◆ Information provided ◆
******
-- ===== src/Rip/Receive/RoundTrip.antt =====
-- A message in the format that `transmit_routes` sends is learnt entry by entry.
use linuxax.Prelude.{
  ℕ, zero, suc, ◌+◌, ◌*◌, ◌≤◌, ◌≡◌, ◌-◌, ◌^◌, refl, ap, sym, ◌∙◌, Bool, true, false, not, ◌||◌,
  List, [], ◌∷◌, ◌++◌, Option, none, some, length, length-append, All, arith, Bool-cases, inl, inr,
  append_assoc, ltb, leb, lt→ltb, if◌then◌else◌, ◌==◌,
}
use linuxax.Ipd.Frame.{◌>>=◌}
use linuxax.Rip.{
  Action, orig_route, fixed_route, new_route, del_route, Route, bits2mask, build_header, put_entry,
  get_entry,
}
use linuxax.Rip.Message.{FitsEntry, get_entry-put_entry, payload, message_of, length-message_of}
use linuxax.Rip.Receive.{
  Comparison, unmatch_route, no_route, replace_route, additional_route, cmp_route, scan_routes,
  learn_route, is_rejected, take_entry, receive_from, Request, add_rt, del_requests, add_requests,
  is_dest, receive_routes,
}

-- The entries of a message, one after another.
unfoldable pub learn_all : Bool → List Route → List Route → Option (List Route)
learn_all route_restrict [] rs = some rs
learn_all route_restrict (e ∷ es) rs =
    take_entry route_restrict (e.addr, e.bits, e.metric) rs >>= learn_all route_restrict es

receive_from-payload :
    (fuel : ℕ) (route_restrict : Bool) (before : List ℕ) (es : List Route) (after message : List ℕ)
    (mess_len p : ℕ) (rs : List Route)
    → All FitsEntry es
    → suc (length es) ≤ fuel
    → message ≡ before ++ (payload es ++ after)
    → p ≡ length before
    → mess_len ≡ p + 6 * length es
    → receive_from fuel route_restrict message mess_len p rs ≡ learn_all route_restrict es rs
unfolding receive_from learn_all payload put_entry
receive_from-payload zero route_restrict before es after message mess_len p rs fit enough m s l =
    absurd (omega arith)
receive_from-payload (suc fuel) route_restrict before [] after message mess_len p rs fit enough m s
      l =
    let done : ltb p mess_len ≡ false = ground arith in rw (done, receive_from)
receive_from-payload (suc fuel) route_restrict before (e ∷ es) after message mess_len p rs fit
      enough m s l =
    let more : ltb p mess_len ≡ true = lt→ltb _ _ (omega arith) in
    let here : message ≡ before ++ (put_entry e ++ (payload es ++ after)) =
      m ∙ ap (λ t. before ++ t) (append_assoc (put_entry e) (payload es) after) in
    let read : get_entry message p ≡ some (e.addr, e.bits, e.metric) =
      ap (λ t. get_entry t p) here ∙ get_entry-put_entry before e (payload es ++ after) p fit.0 s in
    let next : message ≡ (before ++ put_entry e) ++ (payload es ++ after) =
      here ∙ sym (append_assoc before (put_entry e) (payload es ++ after)) in
    rw (more, receive_from)
      (rw (read, ◌>>=◌)
        (ap (λ f. take_entry route_restrict (e.addr, e.bits, e.metric) rs >>= f)
          (λ i rs'.
            receive_from-payload fuel route_restrict (before ++ put_entry e) es after message
              mess_len (p + 6) rs' fit.1 (omega arith) next (six_on) (omega arith) i)))
  where
    six_on : p + 6 ≡ length (before ++ put_entry e)
    six_on = omega (arith, length-append before (put_entry e))

-- The prefix lengths of the table are those of real masks.
abbrev pub HasMasks : List Route → Type 0
HasMasks rs = All (λ (r : Route). r.bits ≤ 32) rs

abbrev pub IsSome {ℓ} : {A : Type ℓ} → Option A → Type ℓ
IsSome {A} o = (a : A) × (o ≡ some a)

bind-IsSome {ℓ κ} :
    {A : Type ℓ} {B : Type κ} (o : Option A) (f : A → Option B)
    → IsSome o
    → ((a : A) → o ≡ some a → IsSome (f a))
    → IsSome (o >>= f)
bind-IsSome o f (a, e) k = rw (e, ◌>>=◌) (k a e)

bits2mask-IsSome : (bits : ℕ) → bits ≤ 32 → IsSome (bits2mask bits)
unfolding bits2mask
bits2mask-IsSome bits h = elim (Bool-cases (bits == 0)) [
  | inl e ↦ (0, rw e)
  | inr e ↦ let fits : leb bits 32 ≡ true = ground arith in (2 ^ 32 - 2 ^ (32 - bits), rw (e, fits))
]

cmp_route-IsSome :
    (route : Route) (addr bits metric : ℕ)
    → route.bits ≤ 32
    → bits ≤ 32
    → IsSome (cmp_route route addr bits metric)
unfolding cmp_route
cmp_route-IsSome route addr bits metric h k =
    bind-IsSome (bits2mask route.bits) _ (bits2mask-IsSome route.bits h)
      (λ old e. bind-IsSome (bits2mask bits) _ (bits2mask-IsSome bits k) (λ new e'. (_, refl)))

-- A loop over routes with masks ends with routes with masks.
Scans : Option (List Route × Bool × Bool) → Type 0
Scans o =
    (rs : List Route) × (found : Bool) × (matched : Bool) × (o ≡ some (rs, found, matched))
    × HasMasks rs

scan_routes-Scans :
    (addr bits metric : ℕ) (rs : List Route)
    → bits ≤ 32
    → HasMasks rs
    → Scans (scan_routes addr bits metric rs)
unfolding scan_routes Scans
scan_routes-Scans addr bits metric [] k h = ([], false, false, refl, tt)
scan_routes-Scans addr bits metric (route ∷ rs) k h =
    let (c, e) = cmp_route-IsSome route addr bits metric h.0 k in
    let (rs', found, matched, e', masks) = scan_routes-Scans addr bits metric rs k h.1 in
    rw (e, e', scan_routes, ◌>>=◌) (by_case c rs' found matched masks)
  where
    by_case :
        (c : Comparison) (rs' : List Route) (found matched : Bool)
        → HasMasks rs'
        → Scans (
            some (elim c [
              | unmatch_route ↦ (route ∷ rs', found, matched)
              | no_route ↦ (route ∷ rs', found, true)
              | replace_route ↦ (record route { action = del_route } ∷ rs', true, true)
              | additional_route ↦ (route ∷ rs', true, true)
            ]))
    by_case unmatch_route rs' found matched masks = (_, _, _, refl, (h.0, masks))
    by_case no_route rs' found matched masks = (_, _, _, refl, (h.0, masks))
    by_case replace_route rs' found matched masks = (_, _, _, refl, (h.0, masks))
    by_case additional_route rs' found matched masks = (_, _, _, refl, (h.0, masks))

Learns : Option (List Route) → Type 0
Learns o = (rs : List Route) × (o ≡ some rs) × HasMasks rs

take_entry-Learns :
    (route_restrict : Bool) (addr bits metric : ℕ) (rs : List Route)
    → bits ≤ 32
    → HasMasks rs
    → Learns (take_entry route_restrict (addr, bits, metric) rs)
unfolding take_entry learn_route Scans Learns
take_entry-Learns route_restrict addr bits metric rs k h =
    elim (Bool-cases (is_rejected route_restrict addr)) [
      | inl rejected ↦ (rs, rw rejected, h)
      | inr taken ↦
          let m = if ltb 16 (metric + 1) then 16 else metric + 1 in
          let new : Route = record { addr = addr; bits = bits; metric = m; action = new_route } in
          let (rs', found, matched, e, masks) = scan_routes-Scans addr bits m rs k h in
          elim (Bool-cases (found || not matched)) [
            | inl added ↦ (new ∷ rs', rw (taken, e, ◌>>=◌, added), (k, masks))
            | inr held ↦ (rs', rw (taken, e, ◌>>=◌, held), masks)
          ]
    ]

learn_all-Learns :
    (route_restrict : Bool) (es rs : List Route)
    → HasMasks es
    → HasMasks rs
    → Learns (learn_all route_restrict es rs)
unfolding learn_all Learns
learn_all-Learns route_restrict [] rs k h = (rs, refl, h)
learn_all-Learns route_restrict (e ∷ es) rs k h =
    let (rs', took, masks) = take_entry-Learns route_restrict e.addr e.bits e.metric rs k.0 h in
    rw (took, ◌>>=◌) (learn_all-Learns route_restrict es rs' k.1 masks)

add_requests-IsSome :
    (gateway : ℕ) (rs : List Route) → HasMasks rs → IsSome (add_requests gateway rs)
unfolding add_requests
add_requests-IsSome gateway [] h = ([], refl)
add_requests-IsSome gateway (r ∷ rs) h =
    bind-IsSome (add_requests gateway rs) _ (add_requests-IsSome gateway rs h.1)
      (λ others e. by_action others r.action)
  where
    by_action :
        (others : List Request) (a : Action)
        → IsSome (elim a [
          | new_route ↦
              if r.bits == 32
              then some (add_rt r.addr none (r.metric + 1) gateway ∷ others)
              else bits2mask r.bits >>= λ mask.
                  some (add_rt r.addr (some mask) (r.metric + 1) gateway ∷ others)
          | _ ↦ some others
        ])
    by_action others orig_route = (_, refl)
    by_action others fixed_route = (_, refl)
    by_action others del_route = (_, refl)
    by_action others new_route = elim (Bool-cases (r.bits == 32)) [
      | inl host ↦ (add_rt r.addr none (r.metric + 1) gateway ∷ others, rw host)
      | inr net ↦
          let (mask, e) = bits2mask-IsSome r.bits h.0 in
          (add_rt r.addr (some mask) (r.metric + 1) gateway ∷ others, rw (net, e, ◌>>=◌))
    ]

-- A message in the format of `transmit_routes`, with whatever behind it in the buffer, received from
-- a router of the list: no read leaves the message, no shift is too wide, the entries are learnt one
-- after another, and the kernel is asked to remove the routes that are then deleted and to add those
-- that are new. The prefix lengths of the message and of the table are up to 32.
pub receive_routes-message_of :
    (route_restrict : Bool) (dests : List ℕ) (es : List Route) (after : List ℕ) (rem_addr : ℕ)
    (rs : List Route)
    → All FitsEntry es
    → HasMasks es
    → HasMasks rs
    → is_dest rem_addr dests ≡ true
    → (rs' : List Route) × (added : List Request) × (learn_all route_restrict es rs ≡ some rs')
      × (add_requests rem_addr rs' ≡ some added)
      × (receive_routes route_restrict dests
            (message_of es ++ after)
            (length (message_of es))
            rem_addr
            rs
          ≡ some (rs', del_requests rs' ++ added))
unfolding receive_routes build_header Learns
receive_routes-message_of route_restrict dests es after rem_addr rs fit masks h known =
    let (rs', learnt, masks') = learn_all-Learns route_restrict es rs masks h in
    let (added, asked) = add_requests-IsSome rem_addr rs' masks' in
    let length_is = length-message_of es in
    let whole = append_assoc build_header (payload es) after in
    let loop =
      receive_from-payload (suc (length (message_of es))) route_restrict build_header es after
        (message_of es ++ after) (length (message_of es)) 4 rs fit (omega (arith, length_is)) whole
        refl length_is in
    (rs', added, learnt, asked, rw (known, loop, learnt, asked, ◌>>=◌))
******
◆ Instructions to follow ◆
Your response should be each line that includes the word "asked", copied from the records.

◆ Written reply ◆
-- after another, and the kernel is asked to remove the routes that are then deleted and to add those
    let (added, asked) = add_requests-IsSome rem_addr rs' masks' in
    (rs', added, learnt, asked, rw (known, loop, learnt, asked, ◌>>=◌))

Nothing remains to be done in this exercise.